Last Saturday, my friend invited me to a really posh and classy restaurant/bar where she and her young apprentice were supposed to sing some jazz (her) and gnawa music (him). They are both fabulous, the place is fabulous and everything is fabulous there.
Although, it is a restaurant with technically no place for dancing the atmosphere was so incredible that people started dancing after having drunk some alcohol. I was among of them obviously. I was so into dancing and having fun with one of my girlfriends that I almost missed the cute guy dancing a few meters from me, near another table. It was my other girlfriend who told me "this guy is a gay". I paid attention to him and saw he was really adorable. Suddenly, we established the eye connection and started smiling to each other. We began dancing in the same way repeating steps of each other. The moment lasted a long while (at least it seemed to me so) and we continued on moving, smiling and blinking eyes. Then, he took a hat and put it on. I started asking him to give me the hat (remember that there was a distance between us
and we used no words to communicate). In the most sweet and cute way, he refused to give it to me. I touched my cheeks starting near the eyes and then going down. It was supposed to show him that I was crying because of not getting the hat. Then I realized my friend had a hat and quickly I grabbed it from her and wore it. Me and my dirty dancer were even - we both had hats. A moment later I gave my hat to my friend and to my surprise my dancer threw the hat to me so I could wore it. We continued dancing and now it was only me who had the hat. I threw it back to him later. The band had to take a break so our dance was over. I waved to him goodbye. That was such a charming dance.
After around 20 minutes I approached him to talk and of course to follow up. We exchanged a few words and numbers as well. I noticed his French was not that good but I just thought that I was wrong because my French was not good either. I called the next day the afternoon. We
met in the downtown. He was late. Unfortunately, I was right. His French was much worse than mine (and I only started learning it a year back). We went to some purely local club and played billards. It was funny and bizarre in the same time. I was trying to get to know if he was a gay as nothing was sure with him. I asked the question directly and he responded "half-half" which I don't actually know what it means in this case but since the reply was not "no" I assumed that he might be a gay.

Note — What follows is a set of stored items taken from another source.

-- ===== src/Egress/Laws.antt =====
-- The choice of an egress gateway (services/egress/selector.ts).
use bapc_vpn_and_digital_sec.Base.{
  ℕ, String, ◌≡◌, true, some, List, [], ◌∷◌, Memᴰ, arith, number_eq, string_eq, filter, head?,
  Memᴰ-of_filter, sort, Memᴰ-of_sort,
}
use bapc_vpn_and_digital_sec.Store.Monad.{ok}
use bapc_vpn_and_digital_sec.Egress.{EgressGateway, is_usable, worse, first_gateway, select}

first_member :
    (gateways rows : List EgressGateway) (now : ℕ)
    → ((g : EgressGateway) → Memᴰ g rows → Memᴰ g (filter (is_usable now) gateways))
    → (g : EgressGateway) → head? rows ≡ some g
    → Memᴰ g gateways × (is_usable now g ≡ true)
first_member gateways [] now m g h = cc
first_member gateways (x ∷ rows) now m g h =
    Memᴰ-of_filter (is_usable now) g gateways (m g (Memᴰ.head (ground arith)))

chosen :
    (rows : List EgressGateway) (g : EgressGateway)
    → first_gateway rows ≡ ok g
    → head? rows ≡ some g
chosen [] g h = cc
chosen (x ∷ rows) g h = ground arith

-- A gateway that is selected is one of those given and is usable: it is healthy, was checked in the last
-- thirty seconds and is below 95 per cent of load and of capacity. So where no gateway is usable, the
-- selection fails.
pub select-is_usable :
    (gateways : List EgressGateway) (region : String) (now : ℕ) (g : EgressGateway)
    → select gateways region now ≡ ok g
    → Memᴰ g gateways × (is_usable now g ≡ true)
unfolding select
select-is_usable gateways region now g h =
    first_member gateways (sort (λ a b. worse region b a) (filter (is_usable now) gateways)) now
      (λ x m. Memᴰ-of_sort _ x _ m) g
      (chosen (sort (λ a b. worse region b a) (filter (is_usable now) gateways)) g h)
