-- ===== src/Store/Commands/Laws.antt =====
-- The queue of commands (services/mesh-controller/pg-command-queue.ts).
use bapc_vpn_and_digital_sec.Base.{
  ℕ, zero, suc, String, ◌≡◌, refl, inl, inr, Bool, true, false, none, some, List, [], ◌∷◌, ◌++◌,
  arith, ◌==◌, number_eq, string_eq, ==_refl, Bool-cases, Option-cases, any, find_where, take,
  update_where, All, All-filter_of, All-implied, All-sort,
}
use bapc_vpn_and_digital_sec.Json.{Json}
use bapc_vpn_and_digital_sec.Domain.{MeshNode}
use bapc_vpn_and_digital_sec.Store.{Store, Command}
use bapc_vpn_and_digital_sec.Store.Monad.{ok}
use bapc_vpn_and_digital_sec.Store.Repositories.{get_node}
use bapc_vpn_and_digital_sec.Store.Commands.{
  enqueue_for, enqueue, has_pending, is_deliverable, pending_commands, acknowledge,
}

All-take : {A : Type 0} (P : A → Type 0) (n : ℕ) (xs : List A) → All P xs → All P (take n xs)
All-take P zero xs h = tt
All-take P (suc n) [] h = tt
All-take P (suc n) (x ∷ xs) h = (h.0, All-take P n xs h.1)

any-append :
    {A : Type 0} (p : A → Bool) (xs : List A) (x : A) → p x ≡ true → any p (xs ++ x ∷ []) ≡ true
any-append p [] x h = ground arith
any-append p (y ∷ xs) x h = ground (arith, any-append p xs x h)

deliverable_others :
    (id node_id : String) (now at : ℕ) (result : Json) (rows : List Command)
    → All
        (λ c. is_deliverable node_id now c ≡ true → (c.id == id) ≡ false)
        (update_where
          (λ c. c.id == id)
          (λ c. record c { acknowledged_at = some at; result = some result })
          rows)
deliverable_others id node_id now at result [] = tt
deliverable_others id node_id now at result (c ∷ rows) = (
  elim (Bool-cases (c.id == id)) [ inl e ↦ rw e (λ d. ground arith) | inr e ↦ rw e (λ d. e) ],
  deliverable_others id node_id now at result rows,
)

find_none :
    {A : Type 0} (p : A → Bool) (xs : List A) → find_where p xs ≡ none → All (λ x. p x ≡ false) xs
find_none p [] h = tt
find_none p (x ∷ xs) h = (ground arith, find_none p xs (ground arith))

-- A command that was acknowledged is delivered to no node any more.
pub acknowledge-pending_commands :
    (id node_id : String) (result : Json) (limit : ℕ) (s : Store)
    → All (λ c. (c.id == id) ≡ false) (pending_commands node_id limit (acknowledge id result s))
unfolding pending_commands acknowledge
acknowledge-pending_commands id node_id result limit s =
    elim (Option-cases (find_where (λ c. c.id == id) s.commands)) [
      | inl e ↦
          rw (e, acknowledge)
            (All-take _ limit _ (
              All-sort _ _ _ (
                All-filter_of _ _ s.commands
                  (All-implied s.commands (λ c h _. h) (find_none _ s.commands e)))))
      | inr (r, e) ↦
          rw (e, acknowledge)
            (All-take _ limit _ (
              All-sort _ _ _ (
                All-filter_of _ _ _ (deliverable_others id node_id s.now s.now result s.commands))))
    ]

-- A command queued for an enrolled node is pending at once.
pub enqueue-has_pending :
    (node_id type : String) (payload : Json) (priority : ℕ) (s : Store) (n : MeshNode)
    → get_node node_id s ≡ some n
    → has_pending node_id type (enqueue node_id type payload priority s).1 ≡ true
unfolding has_pending enqueue enqueue_for
enqueue-has_pending node_id type payload priority s n e =
    rw (e, enqueue_for) (any-append _ s.commands _ (ground (arith, ==_refl node_id, ==_refl type)))

-- The queue takes the command of an enrolled node, and no other table changes with it.
pub enqueue-ok :
    (node_id type : String) (payload : Json) (priority : ℕ) (s : Store) (n : MeshNode)
    → get_node node_id s ≡ some n
    → ((enqueue node_id type payload priority s).0 ≡ ok tt)
      × ((enqueue node_id type payload priority s).1.devices ≡ s.devices)
unfolding enqueue enqueue_for
enqueue-ok node_id type payload priority s n e = rw (enqueue_for, e) (refl, refl)
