-- ===== src/Sessions/Manager/Overlap.antt =====
-- session/session_manager.py and session/runner.py: a session beside the cleanup of the last one.
use animacharacter_dev_src.Prelude.{ℕ, ◌≡◌, true, some, [], ◌∷◌, arith}
use animacharacter_dev_src.Sessions.Manager.{
  SessionManager, runs_on, new_session, criteria_answered, lock_taken, runner_cleans, holds,
  without, is_session_active, begin_new, after_criteria, with_lock, cleanup_active_session,
  session_step, session_steps,
}

-- Once `_cleanup_active_session` of a running session has destroyed its context, a request that
-- meets the criteria and whose runner starts becomes the active session and runs while the thread
-- of the first one is still in its later cleanup callbacks.
pub next_session_overlaps :
    (c : ℕ) (s : SessionManager)
    → holds c s.running ≡ true
    → let t =
        session_steps
          (runner_cleans c true
            ∷ new_session
            ∷ criteria_answered true true
            ∷ lock_taken s.created runs_on
            ∷ [])
          s in
      (t.active_session ≡ some s.created)
      × (holds s.created t.running ≡ true)
      × (holds c t.cleaning ≡ true)
unfolding session_steps session_step cleanup_active_session begin_new is_session_active
    after_criteria with_lock holds without
next_session_overlaps c s h = ground (arith, h)
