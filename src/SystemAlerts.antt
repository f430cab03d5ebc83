-- ===== src/SystemAlerts.antt =====
-- ros2_ws/src/system_alerts: alerts, the authoritative server and its mirrors in the clients.
pub mod Alert
pub mod Transport
pub mod Server
pub mod Client
mod Examples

We also met yesterday. Again in the downtown, again he was late. I was trying to meet him somewhere closer to his place so we could go there directly but he didn't want. And he was late because he misunderstood me saying the hour. I said quatorze (14) and he understood quatre (4). His fucking French is so bad. While waiting for him I met 4 of my friends which only made me realize how small the city I live in is. To my surprise he brought his friend. Normally, I wouldn't appreciate that but at least the other guy spoke better French so I could have a decent
conversation. I was a bit shocked that the other guy knew the owner of my favorite restaurant and knew he was a gay (such a small city although it's the second biggest one in the country and the capital as well). The gay-owner is a really posh and classy person, part of the elite of the expats here. I was surprised that randomly met guy knew him and the fact that he was a gay. And the other thing is that the gay-owner can't come out. Everyone seems to know about him however he never speaks about it loud.
A very charming and sweet beginning of the relation turned into something full of questions and totally awkward. Guys here are very weird. It's time to go back home to Europe where gays are still strange but less and in a more bearable way.